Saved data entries
[Start of section]
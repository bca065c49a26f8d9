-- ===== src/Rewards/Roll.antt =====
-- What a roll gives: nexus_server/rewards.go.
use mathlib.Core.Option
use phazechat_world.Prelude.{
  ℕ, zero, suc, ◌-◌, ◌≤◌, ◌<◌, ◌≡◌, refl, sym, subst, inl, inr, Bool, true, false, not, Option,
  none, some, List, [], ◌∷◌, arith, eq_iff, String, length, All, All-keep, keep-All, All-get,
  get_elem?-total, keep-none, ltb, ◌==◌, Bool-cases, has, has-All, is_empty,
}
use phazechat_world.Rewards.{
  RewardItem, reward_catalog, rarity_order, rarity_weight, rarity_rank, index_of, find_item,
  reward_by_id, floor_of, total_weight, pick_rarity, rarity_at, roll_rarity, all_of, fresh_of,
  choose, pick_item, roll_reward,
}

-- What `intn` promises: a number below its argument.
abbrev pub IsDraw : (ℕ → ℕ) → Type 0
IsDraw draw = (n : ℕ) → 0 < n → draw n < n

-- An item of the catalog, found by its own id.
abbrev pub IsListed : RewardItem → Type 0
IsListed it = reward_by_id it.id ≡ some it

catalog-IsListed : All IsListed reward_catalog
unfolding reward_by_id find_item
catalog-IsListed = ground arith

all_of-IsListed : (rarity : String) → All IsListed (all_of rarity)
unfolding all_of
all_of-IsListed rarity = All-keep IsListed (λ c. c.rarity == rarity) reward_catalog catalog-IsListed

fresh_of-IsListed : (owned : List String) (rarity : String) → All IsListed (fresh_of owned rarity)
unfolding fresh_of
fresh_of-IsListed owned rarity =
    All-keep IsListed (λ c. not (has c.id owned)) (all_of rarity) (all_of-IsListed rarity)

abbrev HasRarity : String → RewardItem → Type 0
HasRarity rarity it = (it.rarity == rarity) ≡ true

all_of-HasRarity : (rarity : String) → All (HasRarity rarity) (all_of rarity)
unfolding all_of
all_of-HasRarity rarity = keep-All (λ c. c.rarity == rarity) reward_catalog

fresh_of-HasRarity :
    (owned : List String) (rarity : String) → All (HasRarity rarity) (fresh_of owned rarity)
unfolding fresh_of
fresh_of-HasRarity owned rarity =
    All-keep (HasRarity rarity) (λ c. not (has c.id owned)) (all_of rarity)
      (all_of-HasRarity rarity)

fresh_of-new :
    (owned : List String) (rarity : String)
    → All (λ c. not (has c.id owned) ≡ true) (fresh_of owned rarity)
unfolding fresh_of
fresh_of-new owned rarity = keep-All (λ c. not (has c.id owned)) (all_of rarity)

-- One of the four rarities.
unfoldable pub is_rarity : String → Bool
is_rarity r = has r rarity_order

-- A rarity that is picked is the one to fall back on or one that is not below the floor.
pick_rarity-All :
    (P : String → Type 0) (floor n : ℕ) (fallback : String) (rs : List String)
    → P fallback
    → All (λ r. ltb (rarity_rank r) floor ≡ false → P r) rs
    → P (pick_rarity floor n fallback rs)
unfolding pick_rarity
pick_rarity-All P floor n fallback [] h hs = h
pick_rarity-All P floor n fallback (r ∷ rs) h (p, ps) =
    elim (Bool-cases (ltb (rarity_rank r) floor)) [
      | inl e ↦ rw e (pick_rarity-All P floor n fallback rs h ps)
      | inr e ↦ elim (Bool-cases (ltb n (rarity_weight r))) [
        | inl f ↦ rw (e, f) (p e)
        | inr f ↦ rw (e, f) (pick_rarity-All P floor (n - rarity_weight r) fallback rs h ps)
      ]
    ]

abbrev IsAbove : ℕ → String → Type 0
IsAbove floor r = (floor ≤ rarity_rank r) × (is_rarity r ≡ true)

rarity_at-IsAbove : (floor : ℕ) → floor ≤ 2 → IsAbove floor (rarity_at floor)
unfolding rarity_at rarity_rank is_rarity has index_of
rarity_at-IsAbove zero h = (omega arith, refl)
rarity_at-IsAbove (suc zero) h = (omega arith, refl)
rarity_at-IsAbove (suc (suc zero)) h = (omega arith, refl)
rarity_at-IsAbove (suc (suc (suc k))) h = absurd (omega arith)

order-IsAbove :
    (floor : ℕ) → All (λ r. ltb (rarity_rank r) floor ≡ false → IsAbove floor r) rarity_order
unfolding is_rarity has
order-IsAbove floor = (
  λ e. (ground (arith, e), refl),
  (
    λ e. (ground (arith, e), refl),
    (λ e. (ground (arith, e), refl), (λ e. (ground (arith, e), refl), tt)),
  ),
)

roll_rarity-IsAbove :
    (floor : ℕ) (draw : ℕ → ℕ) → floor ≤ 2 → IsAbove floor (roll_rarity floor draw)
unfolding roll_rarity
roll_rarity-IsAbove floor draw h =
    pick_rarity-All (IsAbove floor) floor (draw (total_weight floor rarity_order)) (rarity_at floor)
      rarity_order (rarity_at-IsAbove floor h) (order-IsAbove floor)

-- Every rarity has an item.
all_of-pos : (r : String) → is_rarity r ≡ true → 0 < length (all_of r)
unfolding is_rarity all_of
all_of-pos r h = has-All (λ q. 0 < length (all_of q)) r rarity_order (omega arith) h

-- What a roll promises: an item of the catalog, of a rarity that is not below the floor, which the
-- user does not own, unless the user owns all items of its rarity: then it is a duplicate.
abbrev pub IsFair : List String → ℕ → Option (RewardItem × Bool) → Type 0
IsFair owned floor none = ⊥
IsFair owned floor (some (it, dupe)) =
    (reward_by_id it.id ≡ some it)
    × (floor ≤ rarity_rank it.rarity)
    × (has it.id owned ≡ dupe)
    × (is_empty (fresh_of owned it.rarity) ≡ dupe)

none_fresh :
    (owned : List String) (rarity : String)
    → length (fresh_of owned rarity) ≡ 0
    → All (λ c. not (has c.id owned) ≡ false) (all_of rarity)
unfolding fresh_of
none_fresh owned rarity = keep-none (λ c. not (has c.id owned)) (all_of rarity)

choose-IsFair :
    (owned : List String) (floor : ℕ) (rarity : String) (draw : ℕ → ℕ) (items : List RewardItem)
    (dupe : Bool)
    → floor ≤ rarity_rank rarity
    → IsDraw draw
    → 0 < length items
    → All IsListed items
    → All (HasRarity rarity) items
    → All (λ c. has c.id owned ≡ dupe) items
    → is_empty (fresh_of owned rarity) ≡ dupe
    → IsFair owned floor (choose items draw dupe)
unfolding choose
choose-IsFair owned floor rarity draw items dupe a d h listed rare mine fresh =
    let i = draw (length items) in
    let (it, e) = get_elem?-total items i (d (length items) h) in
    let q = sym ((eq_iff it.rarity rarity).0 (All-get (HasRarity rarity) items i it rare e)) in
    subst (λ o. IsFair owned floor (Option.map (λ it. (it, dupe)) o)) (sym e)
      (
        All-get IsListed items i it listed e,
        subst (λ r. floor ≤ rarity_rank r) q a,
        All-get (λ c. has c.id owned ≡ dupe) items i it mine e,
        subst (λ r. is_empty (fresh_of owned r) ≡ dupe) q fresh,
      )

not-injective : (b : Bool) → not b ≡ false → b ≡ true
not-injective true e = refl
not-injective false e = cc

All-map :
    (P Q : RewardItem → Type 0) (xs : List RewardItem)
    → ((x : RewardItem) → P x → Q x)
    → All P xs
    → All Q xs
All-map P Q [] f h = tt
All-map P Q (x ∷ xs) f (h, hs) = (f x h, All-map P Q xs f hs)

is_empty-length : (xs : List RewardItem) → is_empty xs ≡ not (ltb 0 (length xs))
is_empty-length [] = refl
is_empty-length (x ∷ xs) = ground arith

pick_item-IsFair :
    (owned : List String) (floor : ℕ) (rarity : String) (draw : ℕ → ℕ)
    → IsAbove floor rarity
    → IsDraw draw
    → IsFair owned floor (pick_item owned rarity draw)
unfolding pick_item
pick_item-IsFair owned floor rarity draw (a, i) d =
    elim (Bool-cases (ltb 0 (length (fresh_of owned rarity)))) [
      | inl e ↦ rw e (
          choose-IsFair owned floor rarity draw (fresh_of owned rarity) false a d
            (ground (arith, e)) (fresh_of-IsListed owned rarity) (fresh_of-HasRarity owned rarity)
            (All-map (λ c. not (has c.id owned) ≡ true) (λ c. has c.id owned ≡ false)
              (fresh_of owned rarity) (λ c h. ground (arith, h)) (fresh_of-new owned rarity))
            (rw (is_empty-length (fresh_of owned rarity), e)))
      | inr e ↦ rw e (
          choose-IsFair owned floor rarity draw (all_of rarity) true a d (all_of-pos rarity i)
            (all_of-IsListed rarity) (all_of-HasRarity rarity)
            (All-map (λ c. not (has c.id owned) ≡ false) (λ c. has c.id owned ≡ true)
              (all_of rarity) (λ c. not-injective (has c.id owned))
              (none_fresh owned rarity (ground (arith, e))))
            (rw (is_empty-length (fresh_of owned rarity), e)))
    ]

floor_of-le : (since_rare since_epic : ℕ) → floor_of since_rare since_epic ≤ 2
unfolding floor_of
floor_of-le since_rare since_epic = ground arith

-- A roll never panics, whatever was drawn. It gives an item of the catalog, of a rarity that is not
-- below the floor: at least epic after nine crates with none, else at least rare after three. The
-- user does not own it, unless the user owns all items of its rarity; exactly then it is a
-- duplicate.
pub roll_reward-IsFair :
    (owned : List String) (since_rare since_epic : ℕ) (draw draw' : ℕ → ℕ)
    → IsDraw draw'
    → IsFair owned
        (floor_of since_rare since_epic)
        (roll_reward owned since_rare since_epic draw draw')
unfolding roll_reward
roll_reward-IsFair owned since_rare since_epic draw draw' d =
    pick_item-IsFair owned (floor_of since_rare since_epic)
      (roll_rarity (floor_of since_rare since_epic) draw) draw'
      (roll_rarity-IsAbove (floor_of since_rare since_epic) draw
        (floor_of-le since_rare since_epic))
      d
[End of section]
__YOUR TASK__
Only the lines above that include the word "true" belong in the answer; copy each one.

__SOLVED PROBLEM__
  ℕ, zero, suc, ◌-◌, ◌≤◌, ◌<◌, ◌≡◌, refl, sym, subst, inl, inr, Bool, true, false, not, Option,
HasRarity rarity it = (it.rarity == rarity) ≡ true
    → All (λ c. not (has c.id owned) ≡ true) (fresh_of owned rarity)
IsAbove floor r = (floor ≤ rarity_rank r) × (is_rarity r ≡ true)
all_of-pos : (r : String) → is_rarity r ≡ true → 0 < length (all_of r)
not-injective : (b : Bool) → not b ≡ false → b ≡ true
not-injective true e = refl
            (All-map (λ c. not (has c.id owned) ≡ true) (λ c. has c.id owned ≡ false)
          choose-IsFair owned floor rarity draw (all_of rarity) true a d (all_of-pos rarity i)
            (All-map (λ c. not (has c.id owned) ≡ false) (λ c. has c.id owned ≡ true)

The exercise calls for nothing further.